The other centenary theme for RIAT 2023 was Skytanker – 100 Years of Air to Air Refuelling (AAR). Again, this brought displays not previously seen at RIAT, including the German Air Force demonstrating AAR from both an Airbus Industries A400, with two Panavia Tornados, as well as the Tornados performing buddy refuelling, the United States Air Force with a Lockheed MC-130J Hercules from the 67th Special Operations Squadron and a Bell-Boeing CV-22B Osprey from the 7th Special Operations Squadron based at RAF Mildenhall in Suffolk and a Boeing KC-135R Stratotanker from the 100th Air Refuelling Wing, also based at RAF Mildenhall. There was the rare (in UK skies) sighting of an Armee de l’Air Boeing KC-135R performing fly-bys on both Thursday and Friday but sadly not on either of the weekend days.


A first-time attendee was yet another Boeing KC-135R Stratotanker, operated by Metrea Strategic Mobility, a civilian company that offers AAR services to the military, in particular for training United States Navy and United States Marine Corps pilots. This particular aircraft is a former Republic of Singapore Air Force asset and is painted in an attractive grey camouflage paint scheme, with both its previous military and current civilian registrations displayed.

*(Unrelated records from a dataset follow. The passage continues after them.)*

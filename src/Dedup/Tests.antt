-- ===== src/Dedup/Tests.antt =====
-- Five files of which two are copies, with the content itself as digest and a pool that delivers in
-- reverse.
use engine_motor.Prelude.{
  ℕ, ◌≡◌, refl, sym, ap₂, inl, inr, Bool, true, false, ◌&&◌, Bool-cases, List, [], ◌∷◌, ◌++◌, map,
  length, All, All-append, ◌==◌, ==_iff, if◌then◌else◌, replicate, length-replicate, ap, ◌∙◌, ◌⊎◌,
}
use engine_motor.Scan.{Motivo, sem_permissao_leitura}
use engine_motor.Bytes.{to_le}
use engine_motor.Dedup.{Item, Grupo, Ambiente, etapa_dedup}
use engine_motor.Dedup.Iguais.{IsSound, SameContent, etapa_dedup-SameContent}

abbrev iguais : List ℕ → List ℕ → Bool
iguais [] [] = true
iguais [] (y ∷ ys) = false
iguais (x ∷ xs) [] = false
iguais (x ∷ xs) (y ∷ ys) = (x == y) && iguais xs ys

iguais_sound : (xs ys : List ℕ) → iguais xs ys ≡ true → xs ≡ ys
iguais_sound [] [] h = refl
iguais_sound [] (y ∷ ys) h = cc
iguais_sound (x ∷ xs) [] h = cc
iguais_sound (x ∷ xs) (y ∷ ys) h = elim (Bool-cases (x == y)) [
  | inl e ↦
      let h' : iguais xs ys ≡ true = rw e at h in ap₂ ◌∷◌ ((==_iff x y).0 e) (iguais_sound xs ys h')
  | inr e ↦ let h' : false ≡ true = rw e at h in cc
]

abbrev inverter {ℓ} : {A : Type ℓ} → List A → List A
inverter [] = []
inverter (x ∷ xs) = inverter xs ++ x ∷ []

All-inverter {ℓ κ} : {A : Type ℓ} (P : A → Type κ) (xs : List A) → All P xs → All P (inverter xs)
All-inverter P [] h = tt
All-inverter P (x ∷ xs) h = All-append P (inverter xs) (x ∷ []) (All-inverter P xs h.1) (h.0, tt)

abbrev item : ℕ → ℕ → Item
item i tam = record { i = i; tam = tam; legivel = true }

-- The third file cannot be read; the fourth is of another content than the rest.
abbrev abrir : Item → Motivo ⊎ List ℕ
abrir a =
    if a.i == 2
    then inl sem_permissao_leitura
    else inr (replicate a.tam (if a.i == 3 then 9 else 5))

abbrev ambiente : Ambiente (List ℕ)
ambiente = record {
  abrir = abrir;
  curto = λ x. x;
  longo = λ x. x;
  igual_h = iguais;
  entrega_amostra = inverter;
  entrega_completo = inverter;
}

abbrev conteudo_de : Motivo ⊎ List ℕ → List ℕ
conteudo_de (inl m) = []
conteudo_de (inr b) = b

abrir_stable : (a : Item) (b : List ℕ) → abrir a ≡ inr b → length b ≡ a.tam
abrir_stable a b h = elim (Bool-cases (a.i == 2)) [
  | inl e ↦ let h' : inl sem_permissao_leitura ≡ inr b = rw e at h in cc
  | inr e ↦
      let v = if a.i == 3 then 9 else 5 in
      let h' : inr (replicate a.tam v) ≡ inr b = rw e at h in
      let same : replicate a.tam v ≡ b = ap conteudo_de h' in
      ap length (sym same) ∙ length-replicate a.tam v
]

ambiente-IsSound : IsSound ambiente
ambiente-IsSound = record {
  sound = iguais_sound;
  curto_inj = λ x y h. h;
  longo_inj = λ x y h. h;
  delivers_amostra = λ P xs h. All-inverter P xs h;
  delivers_completo = λ P xs h. All-inverter P xs h;
  stable = abrir_stable;
}

abbrev arquivos : List Item
arquivos = item 0 3 ∷ item 1 4 ∷ item 2 3 ∷ item 3 3 ∷ item 4 3 ∷ []

found : Bool → List (List ℕ)
unfolding etapa_dedup
found b =
    map (λ (g : Grupo (List ℕ)). map (λ (a : Item). a.i) g.ids) (etapa_dedup ambiente b arquivos)

samples : found false ≡ (0 ∷ 4 ∷ []) ∷ []
unfolding found to_le
samples = refl

whole_files : found true ≡ (0 ∷ 4 ∷ []) ∷ []
unfolding found to_le
whole_files = refl

etapa_dedup-SameContent_example : All (SameContent ambiente) (etapa_dedup ambiente false arquivos)
etapa_dedup-SameContent_example = etapa_dedup-SameContent ambiente ambiente-IsSound false arquivos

For me, there were a few main highlights of the show – firstly, the sight of two Italian Navy McDonell-Douglas AV-8B+ Harrier II aircraft, in both single-seat and two-seat versions. These are extremely unusual sightings outside of Italy and the RIAT organisers must be commended on getting to the show. Add to these the two Spanish Navy AV-8B+’s, so 4 Harriers in total – not something I expected to see at a UK airshow again after the RAF retired theirs in 2010.

Flying Displays

Secondly, it was the sight of a Messerschmitt Me262 flying in the skies over Gloucestershire, with this replica being rebuilt and operated by Flugmuseum Messerschmitt and supported by the Airbus Heritage Flight. This replica was built in the USA and has strengthened undercarriage components plus the use of modern reliable General Electric CJ610 Turbojet engines, disguised to look like the original Junkers Jumo 004B engines. It was very well displayed by Airbus test pilot Geri Krähenbühl. After RIAT he took the aircraft over to the Battle of Britain Memorial Flight base at RAF Coningsby – it must have looked amazing to have a Me262 alongside a Spitfire or two!!

Third was the Hellenic Air Force McDonnell-Douglas F-4E Phantom II, a pair of which, from 338 Squadron from the 117th Combat Wing at Andravida Air Base, were scheduled to be on static display. Sadly, one of the aircraft suffered technical problems en route in Germany and didn’t get to RIAT – however, its sister aircraft did make it. Many thanks to the crew for persevering.

Display Teams

Another of the display highlights (for me) was the extremely elegant display of the Saab 105 (Sk.60) flown by the Luftstridsskolanat – the flight training school of the Swedish Air Force based at Malmen Air Base. Another type not seen for a long time at RIAT and definitely not a loud, high-speed aircraft, it was gracefully flown around the skies of Fairford, with some delightful accompanying music. In fact, this display won the King Hussein Memorial Sword Award for the Most Polished & Precise Flying Display.


I can’t finish this narrative without mention of the weather. This year was typically RIAT – mixtures of showers (some heavy and prolonged) and sunshine. Friday, which is the day I normally walk the static display line, was effectively a washout for me – I gave up at around 11:00 am, having taken only 21 photos! On the other days, the showers were sometimes short and sharp, although on Saturday I did retreat to the FRIAT marquee on at least 2 occasions to get out of the downpours.